YOUR TASK:
In the records below, find the line with "pub error : Option Error" and the line with "Write V = V"; return exactly those lines and every line between them.

++++++++

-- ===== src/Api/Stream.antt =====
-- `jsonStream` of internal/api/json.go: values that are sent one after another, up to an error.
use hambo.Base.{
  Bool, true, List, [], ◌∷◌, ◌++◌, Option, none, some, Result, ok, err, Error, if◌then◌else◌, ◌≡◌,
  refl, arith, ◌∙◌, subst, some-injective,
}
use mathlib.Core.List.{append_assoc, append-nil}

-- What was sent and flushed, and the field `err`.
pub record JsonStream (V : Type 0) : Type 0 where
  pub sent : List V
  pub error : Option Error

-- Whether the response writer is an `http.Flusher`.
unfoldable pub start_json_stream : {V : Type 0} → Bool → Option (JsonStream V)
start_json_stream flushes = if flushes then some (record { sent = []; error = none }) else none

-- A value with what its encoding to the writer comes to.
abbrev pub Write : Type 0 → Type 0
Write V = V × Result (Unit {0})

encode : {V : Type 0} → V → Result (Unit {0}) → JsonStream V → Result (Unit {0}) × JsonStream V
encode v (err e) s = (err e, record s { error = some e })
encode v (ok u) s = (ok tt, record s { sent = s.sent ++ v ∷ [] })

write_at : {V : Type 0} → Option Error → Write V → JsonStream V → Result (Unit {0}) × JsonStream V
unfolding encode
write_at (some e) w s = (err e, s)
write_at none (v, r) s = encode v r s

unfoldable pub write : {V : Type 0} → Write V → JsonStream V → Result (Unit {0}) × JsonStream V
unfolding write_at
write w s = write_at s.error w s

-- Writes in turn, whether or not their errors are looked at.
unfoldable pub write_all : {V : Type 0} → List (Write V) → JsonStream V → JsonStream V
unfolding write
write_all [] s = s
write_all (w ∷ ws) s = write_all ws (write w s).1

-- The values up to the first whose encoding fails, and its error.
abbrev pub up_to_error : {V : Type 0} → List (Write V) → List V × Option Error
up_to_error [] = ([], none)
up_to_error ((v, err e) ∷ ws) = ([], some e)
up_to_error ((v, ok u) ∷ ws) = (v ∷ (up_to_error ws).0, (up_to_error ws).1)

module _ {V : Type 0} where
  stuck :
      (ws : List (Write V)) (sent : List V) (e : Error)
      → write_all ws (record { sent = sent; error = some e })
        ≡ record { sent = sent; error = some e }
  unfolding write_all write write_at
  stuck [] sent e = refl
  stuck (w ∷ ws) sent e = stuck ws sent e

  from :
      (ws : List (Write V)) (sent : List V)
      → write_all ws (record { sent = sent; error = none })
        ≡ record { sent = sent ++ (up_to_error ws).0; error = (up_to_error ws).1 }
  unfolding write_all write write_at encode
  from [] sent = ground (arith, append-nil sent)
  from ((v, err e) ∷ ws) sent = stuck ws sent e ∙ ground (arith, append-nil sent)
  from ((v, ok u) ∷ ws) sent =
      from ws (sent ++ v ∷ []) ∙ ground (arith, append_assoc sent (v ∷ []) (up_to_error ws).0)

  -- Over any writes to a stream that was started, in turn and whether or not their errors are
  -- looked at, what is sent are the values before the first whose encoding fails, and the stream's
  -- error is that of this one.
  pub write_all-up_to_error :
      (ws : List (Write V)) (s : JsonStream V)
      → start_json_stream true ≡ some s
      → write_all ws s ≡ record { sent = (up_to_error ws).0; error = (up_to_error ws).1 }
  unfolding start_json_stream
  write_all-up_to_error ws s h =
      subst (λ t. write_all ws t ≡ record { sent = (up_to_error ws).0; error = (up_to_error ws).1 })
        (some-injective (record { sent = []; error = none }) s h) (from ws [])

++++++++

WRITTEN SOLUTION:
  pub error : Option Error

-- Whether the response writer is an `http.Flusher`.
unfoldable pub start_json_stream : {V : Type 0} → Bool → Option (JsonStream V)
start_json_stream flushes = if flushes then some (record { sent = []; error = none }) else none

-- A value with what its encoding to the writer comes to.
abbrev pub Write : Type 0 → Type 0
Write V = V × Result (Unit {0})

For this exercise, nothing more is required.